We measured time-resolved brain responses to nociceptive stimuli in healthy subjects (final data set: n = 17) using magnetoencephalography (MEG). In addition to investigating evoked responses as previous studies, we tested whether synchronized beta activity induced by nociceptive stimuli differs between 2 attentional conditions. Subjects were presented simultaneously with 2 stimulus modalities (pain-producing intraepidermal electrical stimuli and visual stimuli) in 2 different experimental conditions, ie, "attention to pain" and "attention to color." Pain ratings between conditions were compared using a 2-sided paired-sample t test; MEG data were analyzed with Brainstorm.

Results:

Pain ratings were significantly higher in the "attention to pain" compared with the "attention to color" condition. Peak amplitudes of the evoked responses were significantly larger in the "attention to pain" condition bilaterally in the insula and secondary somatosensory cortex, and in the primary somatosensory cortex (SI) contralateral to stimulation.

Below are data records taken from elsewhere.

-- ===== src/Decode/Reads.antt =====
-- How the decoders read the payload of an attribute (`mnl_attr_get_*`).
use Prim.Native.String.{String}
use flower_route.Base.{ℕ, Option, none, some, List, ◌∷◌}
use flower_route.Base.Bytes.{load16, load32}
use flower_route.Ret.{Ret, ok, aborted, ◌>>=◌}
use flower_route.Netlink.{Payload, octets, strz, nested, Attrs}

-- The attribute that an assertion or a plain use requires.
abbrev pub required : Option Payload → Ret Payload
required none = aborted
required (some p) = ok p

abbrev pub octets_of : Payload → Ret (List ℕ)
octets_of (octets bs) = ok bs
octets_of _ = aborted

abbrev pub attrs_of : Payload → Ret Attrs
attrs_of (nested list) = ok list
attrs_of _ = aborted

abbrev pub nested_attrs : Option Payload → Ret Attrs
nested_attrs p = required p >>= attrs_of

unfoldable pub read_u8 : Payload → Ret ℕ
read_u8 (octets (b ∷ _)) = ok b
read_u8 _ = aborted

abbrev pub read_u16 : Payload → Ret ℕ
read_u16 p = do bs ← octets_of p; ok (load16 bs)

abbrev pub read_u32 : Payload → Ret ℕ
read_u32 p = do bs ← octets_of p; ok (load32 bs)

unfoldable pub read_str : Payload → Ret String
read_str (strz s) = ok s
read_str _ = aborted

-- `tb[T] ? mnl_attr_get_u16(tb[T]) : d`, and its kin.
abbrev pub u16_or : Option Payload → ℕ → Ret ℕ
u16_or none d = ok d
u16_or (some p) d = read_u16 p

abbrev pub u32_or : Option Payload → ℕ → Ret ℕ
u32_or none d = ok d
u32_or (some p) d = read_u32 p

abbrev pub str_or_null : Option Payload → Ret (Option String)
str_or_null none = ok none
str_or_null (some p) = do s ← read_str p; ok (some s)
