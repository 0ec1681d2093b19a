-- ===== src/Decode/Actions.antt =====
-- The actions of a rule, as src/tc_decode.c decodes them.
use Prim.Native.String.{String}
use text.Mathlib.Text.{◌==◌ as str_eq}
use flower_route.Base.{
  ℕ, ◌*◌, ◌/◌, ◌%◌, ◌^◌, Bool, ◌||◌, ◌&&◌, Option, none, some, List, [], ◌∷◌, ◌++◌, ltb, leb, ◌==◌,
  if◌then◌else◌, bit_and, bit_or, bit_xor, length,
}
use flower_route.Ret.{Ret, ok, aborted, assert, ◌>>=◌, ◌>>◌}
use flower_route.TcRule.{TcRule, tc_rule_mark_alien}
use flower_route.TcRule.Have
use flower_route.Netlink.{
  Payload, gact_parms, vlan_parms, pedit_parms, mirred_parms, PeditKey, Callback, Mnl, u16, u32,
  nul_string, nested_type, binary,
}
use flower_route.Netlink.Names
use flower_route.Netlink.Table.{TypeMap, type_map, parse_table}
use flower_route.Decode.Reads.{
  required, attrs_of, nested_attrs, read_u16, u16_or, str_or_null, read_str,
}

abbrev pub tc_act_attr_types : TypeMap
tc_act_attr_types = type_map (
    (Names.tca_act_kind, nul_string)
    ∷ (Names.tca_act_options, nested_type)
    ∷ (Names.tca_act_index, u32)
    ∷ (Names.tca_act_stats, nested_type)
    ∷ (Names.tca_act_used_hw_stats, binary)
    ∷ (Names.tca_act_in_hw_count, u32)
    ∷ [])

abbrev pub tca_gact_attr_types : TypeMap
tca_gact_attr_types = type_map (
    (Names.tca_gact_tm, binary)
    ∷ (Names.tca_gact_parms, binary)
    ∷ (Names.tca_gact_prob, binary)
    ∷ [])

abbrev pub tca_vlan_attr_types : TypeMap
tca_vlan_attr_types = type_map (
    (Names.tca_vlan_tm, binary)
    ∷ (Names.tca_vlan_parms, binary)
    ∷ (Names.tca_vlan_push_vlan_id, u16)
    ∷ (Names.tca_vlan_push_vlan_protocol, u16)
    ∷ [])

abbrev pub tca_pedit_attr_types : TypeMap
tca_pedit_attr_types = type_map (
    (Names.tca_pedit_tm, binary)
    ∷ (Names.tca_pedit_parms_ex, binary)
    ∷ (Names.tca_pedit_keys_ex, binary)
    ∷ [])

abbrev pub tca_pedit_key_ex_attr_types : TypeMap
tca_pedit_key_ex_attr_types =
    type_map ((Names.tca_pedit_key_ex_htype, u16) ∷ (Names.tca_pedit_key_ex_cmd, u16) ∷ [])

abbrev pub tca_mirred_attr_types : TypeMap
tca_mirred_attr_types =
    type_map ((Names.tca_mirred_tm, binary) ∷ (Names.tca_mirred_parms, binary) ∷ [])

-- `rule->traits |= trait`.
abbrev pub add_trait : ℕ → TcRule → TcRule
add_trait trait rule = record rule { traits = bit_or rule.traits trait }

-- The `struct tc_gact`, `struct tc_vlan`, .. that a payload holds.
abbrev pub gact_of : Payload → Ret ℕ
gact_of (gact_parms action) = ok action
gact_of _ = aborted

abbrev pub vlan_of : Payload → Ret ℕ
vlan_of (vlan_parms v_action action) = ok v_action
vlan_of _ = aborted

abbrev pub pedit_of : Payload → Ret (List PeditKey)
pedit_of (pedit_parms action keys) = ok keys
pedit_of _ = aborted

abbrev pub mirred_of : Payload → Ret ℕ
mirred_of (mirred_parms eaction action ifindex) = ok eaction
mirred_of _ = aborted

-- The effect of the action word of a gact: `TC_ACT_EXT_CMP` compares what stands from bit 28 on.
unfoldable pub apply_gact : ℕ → TcRule → TcRule
apply_gact action rule =
    if action / 2 ^ 28 * 2 ^ 28 == Names.tc_act_goto_chain
    then record (add_trait Have.goto rule) { goto_target = action % 2 ^ 28 }
    else if action == Names.tc_act_trap
    then add_trait Have.trap rule
    else rule

-- `if (p->v_action != TCA_VLAN_ACT_MODIFY)`, and its kin.
abbrev pub alien_unless : Bool → TcRule → Ret TcRule
alien_unless expected rule = if expected then ok rule else tc_rule_mark_alien rule

unfoldable pub apply_vlan_id : ℕ → TcRule → TcRule
apply_vlan_id vlan_id rule =
    if ltb 0 vlan_id then record (add_trait Have.vlan_mod rule) { vlan_id = vlan_id } else rule

-- `struct m_pedit_key_ex`.
pub record KeyEx : Type 0 where
  pub htype : ℕ
  pub cmd : ℕ

-- The word of `rule->lladdr.raw` that a key is about.
unfoldable pub apply_mac_key : PeditKey → TcRule → TcRule
apply_mac_key key rule =
    let word = λ (old : ℕ). bit_xor (bit_and old key.mask) key.val in
    if key.off / 4 == 0
    then record rule { raw0 = word rule.raw0 }
    else if key.off / 4 == 1
    then record rule { raw1 = word rule.raw1 }
    else record rule { raw2 = word rule.raw2 }

abbrev pub is_mac_key : KeyEx → PeditKey → Bool
is_mac_key ex key =
    (ex.cmd == Names.tca_pedit_key_ex_cmd_set) && ((key.off % 4 == 0) && leb key.off 8)

abbrev pub is_ip_key : KeyEx → Bool
is_ip_key ex =
    (ex.htype == Names.tca_pedit_key_ex_hdr_type_ip4)
    || (ex.htype == Names.tca_pedit_key_ex_hdr_type_ip6)

-- The loop over the keys, with the descriptions that stand beside them; the memory behind the last
-- description that was written is zero.
unfoldable pub pedit_loop : List PeditKey → List KeyEx → TcRule → Ret TcRule
unfolding apply_mac_key tc_rule_mark_alien
pedit_loop [] exs rule = ok rule
pedit_loop (key ∷ keys) [] rule = tc_rule_mark_alien rule
pedit_loop (key ∷ keys) (ex ∷ exs) rule =
    let mac = pedit_loop keys exs (add_trait Have.lladdr (apply_mac_key key rule)) in
    let ip = pedit_loop keys exs (add_trait Have.ttl_dec rule) in
    if ex.htype == Names.tca_pedit_key_ex_hdr_type_eth
    then (if is_mac_key ex key then mac else tc_rule_mark_alien rule)
    else if is_ip_key ex
    then (if ex.cmd == Names.tca_pedit_key_ex_cmd_add then ip else tc_rule_mark_alien rule)
    else tc_rule_mark_alien rule

module _ (m : Mnl) where
  unfoldable pub decode_gact : Option Payload → TcRule → Ret TcRule
  unfolding parse_table apply_gact
  decode_gact options rule = do
    list ← nested_attrs options
    tb ← parse_table m Names.tca_gact_max tca_gact_attr_types list
    p ← required (tb Names.tca_gact_parms)
    action ← gact_of p
    ok (apply_gact action rule)

  unfoldable pub decode_vlan : Option Payload → TcRule → Ret TcRule
  unfolding parse_table apply_vlan_id tc_rule_mark_alien
  decode_vlan options rule = do
    list ← nested_attrs options
    tb ← parse_table m Names.tca_vlan_max tca_vlan_attr_types list
    p ← required (tb Names.tca_vlan_parms)
    v_action ← vlan_of p
    rule' ← alien_unless (v_action == Names.tca_vlan_act_modify) rule
    vlan_id ← u16_or (tb Names.tca_vlan_push_vlan_id) 0
    ok (apply_vlan_id vlan_id rule')

  -- One description; `keys_ex` has room for `nkeys` of them, and a write behind it is a fault.
  unfoldable pub decode_key_ex : (nkeys : ℕ) → Callback (List KeyEx)
  unfolding parse_table
  decode_key_ex nkeys type payload done = do
    list ← attrs_of payload
    tb ← parse_table m Names.tca_pedit_key_ex_max tca_pedit_key_ex_attr_types list
    htype_attr ← required (tb Names.tca_pedit_key_ex_htype)
    htype ← read_u16 htype_attr
    cmd_attr ← required (tb Names.tca_pedit_key_ex_cmd)
    cmd ← read_u16 cmd_attr
    assert (ltb (length done) nkeys)
    ok (done ++ record { htype = htype; cmd = cmd } ∷ [])

  unfoldable pub decode_pedit : Option Payload → TcRule → Ret TcRule
  unfolding parse_table decode_key_ex pedit_loop tc_rule_mark_alien
  decode_pedit options rule = do
    list ← nested_attrs options
    tb ← parse_table m Names.tca_pedit_max tca_pedit_attr_types list
    p ← required (tb Names.tca_pedit_parms_ex)
    ex_attrs ← nested_attrs (tb Names.tca_pedit_keys_ex)
    keys ← pedit_of p
    exs ← m.parse (decode_key_ex (length keys)) ex_attrs []
    if length keys == 0 then tc_rule_mark_alien rule else pedit_loop keys exs rule

  unfoldable pub decode_mirred : Option Payload → TcRule → Ret TcRule
  unfolding parse_table tc_rule_mark_alien
  decode_mirred options rule = do
    list ← nested_attrs options
    tb ← parse_table m Names.tca_mirred_max tca_mirred_attr_types list
    p ← required (tb Names.tca_mirred_parms)
    eaction ← mirred_of p
    alien_unless (eaction == Names.tca_egress_redir) rule

  unfoldable pub decode_csum : Option Payload → TcRule → Ret TcRule
  decode_csum options rule = ok rule

  -- `tc_act_helpers`: a kind that is not in it changes nothing.
  unfoldable pub act_helper : String → Option Payload → TcRule → Ret TcRule
  unfolding decode_gact decode_vlan decode_pedit decode_mirred decode_csum
  act_helper kind options rule =
      if str_eq kind "gact"
      then decode_gact options rule
      else if str_eq kind "vlan"
      then decode_vlan options rule
      else if str_eq kind "pedit"
      then decode_pedit options rule
      else if str_eq kind "mirred"
      then decode_mirred options rule
      else if str_eq kind "csum"
      then decode_csum options rule
      else ok rule

  -- One action of the list `TCA_FLOWER_ACT`.
  unfoldable pub decode_act : Callback TcRule
  unfolding parse_table act_helper tc_rule_mark_alien read_str
  decode_act type payload rule = do
    list ← attrs_of payload
    tb ← parse_table m Names.tca_act_max tc_act_attr_types list
    kind ← str_or_null (tb Names.tca_act_kind)
    elim kind [
      | none ↦ tc_rule_mark_alien rule
      | some s ↦ act_helper s (tb Names.tca_act_options) rule
    ]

Induced responses to painful stimuli were significantly stronger in contralateral SI in the beta-frequency range in the "attention to pain" condition.

Conclusions:

This study replicates previous reports w.r.t. the attentional modulation of evoked responses and suggests a functional role of induced oscillatory activity in the beta frequency in top-down modulation of nociceptive stimuli.

KEYWORDS:

Attention; Electrical intraepidermal stimulation; Magnetoencephalography; Pain modulation

Conflict of interest statement

The authors have no conflicts of interest to declare. This research was supported by a price from an internal MEG competition, the Deutsche Forschungsgemeinschaft DI 1553/3 to M. Diers, a Merit Scholarship Program for Foreign Students (Ministère de l'Education et de l'Enseignement Supérieur, MELS, Quebec), a Quebec Bio-Imaging Network (QBIN) scholarship for foreign students, a The Louise and Alan Edwards Foundation's Edwards PhD Studentships in Pain Research to W. Gandhi, a Discovery Grant from the Natural Science and Engineering Research Council of Canada (436355-13), a NIH (1R01EB026299-01), and a Platform Support Grant from the Brain Canada Foundation (PSG15-3755) to S. Becker.Sponsorships or competing interests that may be relevant to content are disclosed at the end of this article.